| Dataset records |
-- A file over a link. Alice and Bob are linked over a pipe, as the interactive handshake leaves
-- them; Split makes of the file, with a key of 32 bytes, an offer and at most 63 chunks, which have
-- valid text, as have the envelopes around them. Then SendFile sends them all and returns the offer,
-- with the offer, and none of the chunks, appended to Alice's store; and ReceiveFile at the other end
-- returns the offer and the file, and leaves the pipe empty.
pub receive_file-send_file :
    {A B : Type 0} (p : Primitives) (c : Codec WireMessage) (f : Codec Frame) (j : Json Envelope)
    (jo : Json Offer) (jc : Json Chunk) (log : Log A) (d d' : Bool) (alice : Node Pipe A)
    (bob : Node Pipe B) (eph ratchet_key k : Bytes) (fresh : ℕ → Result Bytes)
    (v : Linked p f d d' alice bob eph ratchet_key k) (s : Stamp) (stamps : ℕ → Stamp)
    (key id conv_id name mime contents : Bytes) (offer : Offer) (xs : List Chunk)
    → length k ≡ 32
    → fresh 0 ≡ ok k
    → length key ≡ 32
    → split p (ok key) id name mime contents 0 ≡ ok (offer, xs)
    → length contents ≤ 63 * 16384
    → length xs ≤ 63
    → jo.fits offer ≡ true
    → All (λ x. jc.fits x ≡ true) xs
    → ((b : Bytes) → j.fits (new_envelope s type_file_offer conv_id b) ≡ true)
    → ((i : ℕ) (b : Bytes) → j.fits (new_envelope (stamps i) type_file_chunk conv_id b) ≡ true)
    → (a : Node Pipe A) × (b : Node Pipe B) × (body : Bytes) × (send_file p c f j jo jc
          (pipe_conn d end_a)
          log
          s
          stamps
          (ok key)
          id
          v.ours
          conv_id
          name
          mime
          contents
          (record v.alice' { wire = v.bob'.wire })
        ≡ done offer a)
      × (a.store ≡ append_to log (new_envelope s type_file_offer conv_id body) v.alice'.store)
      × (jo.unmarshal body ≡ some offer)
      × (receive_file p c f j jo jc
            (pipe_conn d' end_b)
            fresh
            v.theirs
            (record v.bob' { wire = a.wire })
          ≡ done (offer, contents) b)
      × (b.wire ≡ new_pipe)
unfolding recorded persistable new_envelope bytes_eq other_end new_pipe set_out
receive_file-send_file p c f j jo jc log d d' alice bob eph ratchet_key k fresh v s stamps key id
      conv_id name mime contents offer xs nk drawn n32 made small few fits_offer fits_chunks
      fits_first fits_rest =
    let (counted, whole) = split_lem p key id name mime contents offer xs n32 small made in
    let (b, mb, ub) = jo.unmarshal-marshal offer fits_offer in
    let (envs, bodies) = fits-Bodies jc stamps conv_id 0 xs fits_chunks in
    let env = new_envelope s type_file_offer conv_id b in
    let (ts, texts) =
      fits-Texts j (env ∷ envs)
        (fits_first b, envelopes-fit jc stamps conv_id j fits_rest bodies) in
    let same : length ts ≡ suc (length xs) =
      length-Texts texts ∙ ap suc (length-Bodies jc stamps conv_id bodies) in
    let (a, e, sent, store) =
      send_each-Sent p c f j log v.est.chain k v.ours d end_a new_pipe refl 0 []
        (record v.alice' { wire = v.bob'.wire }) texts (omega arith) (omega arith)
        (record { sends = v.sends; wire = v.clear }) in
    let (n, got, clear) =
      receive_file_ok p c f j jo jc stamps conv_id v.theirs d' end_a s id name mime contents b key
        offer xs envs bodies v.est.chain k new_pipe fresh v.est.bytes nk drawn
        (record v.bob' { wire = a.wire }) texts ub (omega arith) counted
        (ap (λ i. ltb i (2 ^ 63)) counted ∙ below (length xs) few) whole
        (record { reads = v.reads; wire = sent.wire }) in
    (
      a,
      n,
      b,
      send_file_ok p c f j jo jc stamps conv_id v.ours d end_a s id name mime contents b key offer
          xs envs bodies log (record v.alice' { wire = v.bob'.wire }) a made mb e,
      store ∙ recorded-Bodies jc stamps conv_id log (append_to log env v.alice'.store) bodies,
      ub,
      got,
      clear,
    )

| Problem description |
Starting with the line that contains "let (n, got, clear)", output every line through the end of the listing above, unchanged.

| Exercise response |
    let (n, got, clear) =
      receive_file_ok p c f j jo jc stamps conv_id v.theirs d' end_a s id name mime contents b key
        offer xs envs bodies v.est.chain k new_pipe fresh v.est.bytes nk drawn
        (record v.bob' { wire = a.wire }) texts ub (omega arith) counted
        (ap (λ i. ltb i (2 ^ 63)) counted ∙ below (length xs) few) whole
        (record { reads = v.reads; wire = sent.wire }) in
    (
      a,
      n,
      b,
      send_file_ok p c f j jo jc stamps conv_id v.ours d end_a s id name mime contents b key offer
          xs envs bodies log (record v.alice' { wire = v.bob'.wire }) a made mb e,
      store ∙ recorded-Bodies jc stamps conv_id log (append_to log env v.alice'.store) bodies,
      ub,
      got,
      clear,
    )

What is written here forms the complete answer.